── DATA IN THIS EXERCISE ──
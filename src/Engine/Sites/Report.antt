-- ===== src/Engine/Sites/Report.antt =====
-- native/engine/site_scraper.cpp: checkAllComplete, as far as it folds the results of the strategies
-- into one JSON object.
use rats_search_tui.Base.{
  ℤ, pos, ltb_ℤ, Bool, true, false, not, ◌&&◌, List, [], ◌∷◌, Text, codes, eq_text, any, null,
  is_some, if◌then◌else◌,
}
use rats_search_tui.Domain.Json.{JsonOps}
use rats_search_tui.Engine.Sites.Pages.{TrackerSiteInfo, rutracker, nyaa}

module _ (json : JsonOps) where
  open json use {
    Json, object, array, of_string, of_int, is_string, empty, set, push_back, find, elements,
    get_string, value_string,
  }

  -- trackers, with the name if it is not listed
  unfoldable pub listed : Text → Json → Json
  listed name trackers =
      if any (λ t. is_string t && eq_text (get_string t) name) (elements trackers)
      then trackers
      else push_back trackers (of_string name)

  -- The first text that is not empty stays under its key.
  unfoldable pub keep_first : Text → Text → Json → Json
  keep_first key value info =
      if null (value_string info key []) && not (null value)
      then set info key (of_string value)
      else info

  unfoldable pub set_thread : Text → ℤ → Json → Json
  set_thread key id info = if ltb_ℤ (pos 0) id then set info key (of_int id) else info

  unfoldable pub set_category : Text → Json → Json
  set_category category info =
      if not (null category) then set info (codes "contentCategory") (of_string category) else info

  unfoldable pub set_title : Text → Json → Json
  set_title title info =
      if not (null title) && not (is_some (find info (codes "trackerName")))
      then set info (codes "trackerName") (of_string title)
      else info

  unfoldable pub own_fields : TrackerSiteInfo → Json → Json
  own_fields r info =
      if eq_text r.tracker_name rutracker
      then set_title r.name (
          set_category r.content_category (set_thread (codes "rutrackerThreadId") r.thread_id info))
      else if eq_text r.tracker_name nyaa
      then set_thread (codes "nyaaThreadId") r.thread_id info
      else info

  unfoldable pub merge_result : TrackerSiteInfo → Json → Json
  merge_result r info =
      own_fields r
        (keep_first (codes "description") r.description (keep_first (codes "poster") r.poster info))

  unfoldable pub merge_results : List TrackerSiteInfo → Json → Json
  merge_results [] info = info
  merge_results (r ∷ rs) info = merge_results rs (merge_result r info)

  unfoldable pub list_trackers : List TrackerSiteInfo → Json → Json
  list_trackers [] trackers = trackers
  list_trackers (r ∷ rs) trackers = list_trackers rs (listed r.tracker_name trackers)

  -- Whether there is something to report, and the object.
  unfoldable pub folded : List TrackerSiteInfo → Bool × Json
  folded results =
      let trackers = list_trackers results array in
      let info = merge_results results object in
      if not (empty trackers) then (true, set info (codes "trackers") trackers) else (false, info)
───
*TASK TO CARRY OUT*: Every line above with the word "object" is to be copied out.

*FINISHED TASK*:
-- into one JSON object.
    Json, object, array, of_string, of_int, is_string, empty, set, push_back, find, elements,
  -- Whether there is something to report, and the object.
      let info = merge_results results object in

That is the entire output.